▶ _Supplied data_:
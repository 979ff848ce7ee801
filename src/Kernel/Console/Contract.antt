-- ===== src/Kernel/Console/Contract.antt =====
-- The contract of the colony on the serial port: one event to a line. The host is a reader that is
-- independent of the kernel; it passes over a line that is no event.
use apex_os_rv.Prelude.{
  All-append, append_assoc, sym, ℕ, ◌≡◌, refl, ap, ◌∙◌, Option, none, some, List, [], ◌∷◌, ◌++◌,
  append-nil, Text, All,
}
use apex_os_rv.Protocol.Wire.{Wire}
use apex_os_rv.Protocol.Event.{Event}
use apex_os_rv.Kernel.Console.{Json, emit, emit_all, serial, Prints}
use apex_os_rv.Kernel.Console.Reads.{read_lines, IsLine, read_lines-serial}

module _ {w : Wire} (json : Json w) where
  -- Onto the events that were read from the lines behind.
  abbrev onto : Option (Event w) → List (Event w) → List (Event w)
  onto none evs = evs
  onto (some ev) evs = ev ∷ evs

  unfoldable pub events_of : List Text → List (Event w)
  events_of [] = []
  events_of (t ∷ ts) = onto (json.from_str t) (events_of ts)

  -- The events that a host reads from the port.
  unfoldable pub received : List ℕ → List (Event w)
  unfolding events_of
  received port = events_of (read_lines port)

  -- serde prints the event as a text that stands on a line, and reads it back from there.
  abbrev pub IsCarried : Event w → Type 0
  IsCarried ev = (t : Text) × (json.to_string ev ≡ some t) × (json.from_str t ≡ some ev) × IsLine t

  -- Lines, from which a host reads these events.
  pub record Reads (lines : List Text) (evs : List (Event w)) : Type 0 where
    pub are_lines : All IsLine lines
    pub reads : (rest : List Text) → events_of (lines ++ rest) ≡ evs ++ events_of rest

  pub Reads-append :
      {lines more : List Text} {evs others : List (Event w)}
      → Reads lines evs
      → Reads more others
      → Reads (lines ++ more) (evs ++ others)
  Reads-append {lines} {more} {evs} {others} r q = record {
    are_lines = All-append IsLine lines more r.are_lines q.are_lines;
    reads = λ rest.
        ap events_of (append_assoc lines more rest)
        ∙ r.reads (more ++ rest)
        ∙ ap (λ tail. evs ++ tail) (q.reads rest)
        ∙ sym (append_assoc evs others (events_of rest));
  }

  -- A line without an event.
  pub Reads-line : (t : Text) → IsLine t → json.from_str t ≡ none → Reads (t ∷ []) []
  unfolding events_of
  Reads-line t line e = record { are_lines = (line, tt); reads = λ rest. rw e refl }

  pub Reads-event :
      (t : Text) (ev : Event w) → IsLine t → json.from_str t ≡ some ev → Reads (t ∷ []) (ev ∷ [])
  unfolding events_of
  Reads-event t ev line e = record { are_lines = (line, tt); reads = λ rest. rw e refl }

  pub Reads-nil : Reads [] []
  Reads-nil = record { are_lines = tt; reads = λ rest. refl }

  -- A host that reads the port has the events of its lines.
  pub received-Reads :
      (lines : List Text) (evs : List (Event w))
      → Reads lines evs
      → json.from_str [] ≡ none
      → received (serial lines) ≡ evs
  unfolding received events_of
  received-Reads lines evs r no_event =
      ap events_of (read_lines-serial lines r.are_lines)
      ∙ r.reads ([] ∷ [])
      ∙ ap (λ tail. evs ++ onto tail []) no_event
      ∙ append-nil evs

  -- The lines of events that are carried.
  pub record Carried (evs : List (Event w)) : Type 0 where
    pub lines : List Text
    pub prints : Prints (emit_all json evs) lines tt
    pub reads : Reads lines evs

  pub carry : (evs : List (Event w)) → All IsCarried evs → Carried evs
  unfolding emit_all emit
  carry [] h = record { lines = []; prints = refl; reads = Reads-nil }
  carry (ev ∷ evs) ((t, e, r, line), h) =
      let c = carry evs h in
      record {
        lines = t ∷ c.lines;
        prints = rw (e, c.prints) refl;
        reads = Reads-append (Reads-event t ev line r) c.reads;
      }

  -- When serde prints each of the events as a text that stands on a line, and reads it back from
  -- there, and reads no event from an empty line: all of them are emitted, and a host that reads
  -- the bytes on the port, as UTF-8, line by line, with a terminal that passes over a carriage
  -- return before a line feed, has exactly these events.
  pub received-emit_all :
      (evs : List (Event w))
      → All IsCarried evs
      → json.from_str [] ≡ none
      → (lines : List Text) × Prints (emit_all json evs) lines tt × (received (serial lines) ≡ evs)
  received-emit_all evs h no_event =
      let c = carry evs h in (c.lines, c.prints, received-Reads c.lines evs c.reads no_event)
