-- ===== src/Kernel/Boot/Port.antt =====
-- What a host reads from the port of the default build.
use mathlib.Core.Option.{some_inj}
use apex_os_rv.Prelude.{
  ℕ, suc, ◌+◌, ◌≤◌, ◌≡◌, ◌≢◌, refl, ap, sym, ◌∙◌, subst, Bool, true, false, ◌&&◌, not, Option, none,
  List, [], ◌∷◌, ◌++◌, map, Text, codes, eqb, eqb_iff, ltb, ltb→lt, All, arith,
}
use apex_os_rv.Str.Lines.{newline}
use apex_os_rv.Str.Decimal.{digits}
use apex_os_rv.Protocol.Wire.{Wire}
use apex_os_rv.Protocol.Event.{Event}
use apex_os_rv.Kernel.Agent.{demo_events}
use apex_os_rv.Kernel.Env.{step_timeout, objective}
use apex_os_rv.Kernel.Probe.{Virtio, probe}
use apex_os_rv.Kernel.Watchdog.Round.{IsClock}
use apex_os_rv.Kernel.Console.{Json, PrintsAs, serial}
use apex_os_rv.Kernel.Console.Reads.{IsLine}
use apex_os_rv.Kernel.Console.Contract.{
  received, IsCarried, Reads, Reads-append, Reads-line, Reads-event, Reads-nil, received-Reads,
}
use apex_os_rv.Kernel.Proto.{Literals, report, first_event, second_event, third_event}
use apex_os_rv.Kernel.Proto.Stable.{AreStable}
use apex_os_rv.Kernel.Boot.{halting, folded, polls_line, kernel}
use apex_os_rv.Kernel.Boot.Prints.{device_lines}
use apex_os_rv.Kernel.Boot.Success.{success_events}
use apex_os_rv.Kernel.Boot.Golden.{kernel_lines, build, kernel-golden}

-- A test for `IsLine`.
abbrev pub plain_char : ℕ → Bool
plain_char c = not (eqb c newline) && ltb c 1114112

abbrev pub plain_line : Text → Bool
plain_line [] = true
plain_line (c ∷ t) = plain_char c && plain_line t

and_true : (a b : Bool) → (a && b) ≡ true → (a ≡ true) × (b ≡ true)
and_true true b e = (refl, e)
and_true false b e = absurd (ground arith)

not-newline : (c : ℕ) → not (eqb c newline) ≡ true → c ≢ newline
not-newline c e same = ground (arith, (eqb_iff c newline).1 same)

pub plain_line-IsLine : (t : Text) → plain_line t ≡ true → IsLine t
plain_line-IsLine [] e = (tt, tt)
plain_line-IsLine (c ∷ t) e =
    let (one, more) = and_true (plain_char c) (plain_line t) e in
    let (other, scalar) = and_true (not (eqb c newline)) (ltb c 1114112) one in
    let (scalars, others) = plain_line-IsLine t more in
    ((ltb→lt c 1114112 scalar, scalars), (not-newline c other, others))

polls_line-IsLine : IsLine (polls_line 3)
unfolding polls_line digits
polls_line-IsLine = plain_line-IsLine (polls_line 3) refl

-- The lines of the kernel that are no events.
abbrev pub fixed_lines : List Text
fixed_lines =
    codes "apexos-rv: hart 0 online"
    ∷ codes "alloc ok: 42 (heap: 1024 KiB)"
    ∷ report
    ∷ folded
    ∷ polls_line 3
    ∷ halting
    ∷ []

-- The events of the wire contract.
abbrev pub contract_events : {w : Wire} → Literals w → List (Event w)
contract_events lit = first_event lit ∷ second_event lit ∷ third_event lit ∷ []

module _ {w : Wire} (json : Json w) where
  abbrev pub IsNoEvent : Text → Type 0
  IsNoEvent t = json.from_str t ≡ none

  Reads-lines : (ts : List Text) → All IsLine ts → All IsNoEvent ts → Reads json ts []
  Reads-lines [] h q = Reads-nil json
  Reads-lines (t ∷ ts) (line, h) (e, q) =
      Reads-append json (Reads-line json t line e) (Reads-lines ts h q)

  Reads-carried :
      (ev : Event w) (t : Text)
      → PrintsAs json ev t
      → IsCarried json ev
      → Reads json (t ∷ []) (ev ∷ [])
  Reads-carried ev t e (u, e', r, line) =
      subst (λ t. Reads json (t ∷ []) (ev ∷ [])) (some_inj.0 (sym e' ∙ e))
        (Reads-event json u ev line r)

  Reads-print :
      (print : Event w → Text)
      → ((ev : Event w) → PrintsAs json ev (print ev))
      → (evs : List (Event w)) → All (IsCarried json) evs
      → Reads json (map print evs) evs
  Reads-print print total [] h = Reads-nil json
  Reads-print print total (ev ∷ evs) (c, h) =
      Reads-append json (Reads-carried ev (print ev) (total ev) c) (Reads-print print total evs h)

  module _ (print : Event w → Text) (total : (ev : Event w) → PrintsAs json ev (print ev))
      (empty content : w.Value) (clock : ℕ → ℕ) (secs goal : Option Text) (fuel : ℕ)
      (lit : Literals w) where
    proto-Reads :
        (proto : List Text)
        → AreStable json lit proto
        → All (IsCarried json) (contract_events lit)
        → IsNoEvent report
        → Reads json proto (contract_events lit)
    proto-Reads proto (t1, t2, t3, s1, s2, s3, e) (c1, (c2, (c3, _))) quiet =
        subst (λ ts. Reads json ts (contract_events lit)) (sym e)
          (Reads-append json (Reads-carried (first_event lit) t1 s1.3 c1) (
            Reads-append json (Reads-carried (second_event lit) t2 s2.3 c2) (
              Reads-append json (Reads-carried (third_event lit) t3 s3.3 c3)
                (Reads-line json report (plain_line-IsLine report refl) quiet))))

    golden-Reads :
        (device proto : List Text)
        → AreStable json lit proto
        → All (IsCarried json) (contract_events lit)
        → All (IsCarried json) (demo_events w empty content)
        → All (IsCarried json) (success_events (objective goal))
        → All IsNoEvent fixed_lines
        → All IsLine device
        → All IsNoEvent device
        → Reads json
            (kernel_lines print empty content device proto
              (map print (success_events (objective goal)) ++ polls_line 3 ∷ halting ∷ []))
            (contract_events lit ++ demo_events w empty content ++ success_events (objective goal))
    golden-Reads device proto stable c d g (hart, (alloc, (quiet, (fold, (polls, (halt, _))))))
          lines no_events =
        Reads-append json
          (Reads-line json _ (plain_line-IsLine (codes "apexos-rv: hart 0 online") refl) hart)
          (Reads-append json (Reads-lines device lines no_events) (
            Reads-append json
              (Reads-line json _ (plain_line-IsLine (codes "alloc ok: 42 (heap: 1024 KiB)") refl)
                alloc)
              (Reads-append json (proto-Reads proto stable c quiet) (
                Reads-append json
                  (Reads-append json (Reads-print print total (demo_events w empty content) d)
                    (Reads-line json folded (plain_line-IsLine folded refl) fold))
                  (Reads-append json (Reads-print print total (success_events (objective goal)) g) (
                    Reads-append json (Reads-line json (polls_line 3) polls_line-IsLine polls)
                      (Reads-line json halting (plain_line-IsLine halting refl) halt)))))))

    -- Where serde prints every event, the events of the wire contract are stable, all events of
    -- the default build are read back from their texts, each of which stands on a line, serde
    -- reads no event from the other lines, the line of a device that was found stands on a line,
    -- and with a clock that ticks with gaps of less than half its range, no more than the timeout
    -- between two readings, and fuel for four rounds: a host that reads the bytes on the port of
    -- the default build has exactly the three events of the wire contract, the four of the
    -- demonstration, and the four of the goal.
    pub received-kernel :
        {Transport Nic : Type 0} (virtio : Virtio Transport Nic) (mac_address : Nic → ℕ → ℕ)
        (info : Text) (served : ℕ → ℕ → Bool) (proto : List Text)
        → IsClock clock
        → ((k : ℕ) → clock (suc k) ≤ clock k + step_timeout secs)
        → 4 ≤ fuel
        → AreStable json lit proto
        → All (IsCarried json) (contract_events lit)
        → All (IsCarried json) (demo_events w empty content)
        → All (IsCarried json) (success_events (objective goal))
        → All IsNoEvent fixed_lines
        → All IsLine (device_lines mac_address (probe virtio))
        → All IsNoEvent (device_lines mac_address (probe virtio))
        → json.from_str [] ≡ none
        → received json (
            serial
              (kernel json empty content clock secs goal fuel lit served virtio mac_address info
                (build false)).0)
          ≡ contract_events lit ++ demo_events w empty content ++ success_events (objective goal)
    received-kernel virtio mac_address info served proto c quick enough stable three demo run fixed
          lines no_events no_event =
        ap (λ out. received json (serial out.0))
          (kernel-golden json print total empty content clock secs goal fuel virtio mac_address info
            lit served c quick enough proto stable)
        ∙ received-Reads json _ _
            (golden-Reads (device_lines mac_address (probe virtio)) proto stable three demo run
              fixed lines no_events)
            no_event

▶ _What the exercise asks_: Out of the records, collect only those lines that contain the string "passes".

▶ _Solution to the exercise_:
-- independent of the kernel; it passes over a line that is no event.
  -- the bytes on the port, as UTF-8, line by line, with a terminal that passes over a carriage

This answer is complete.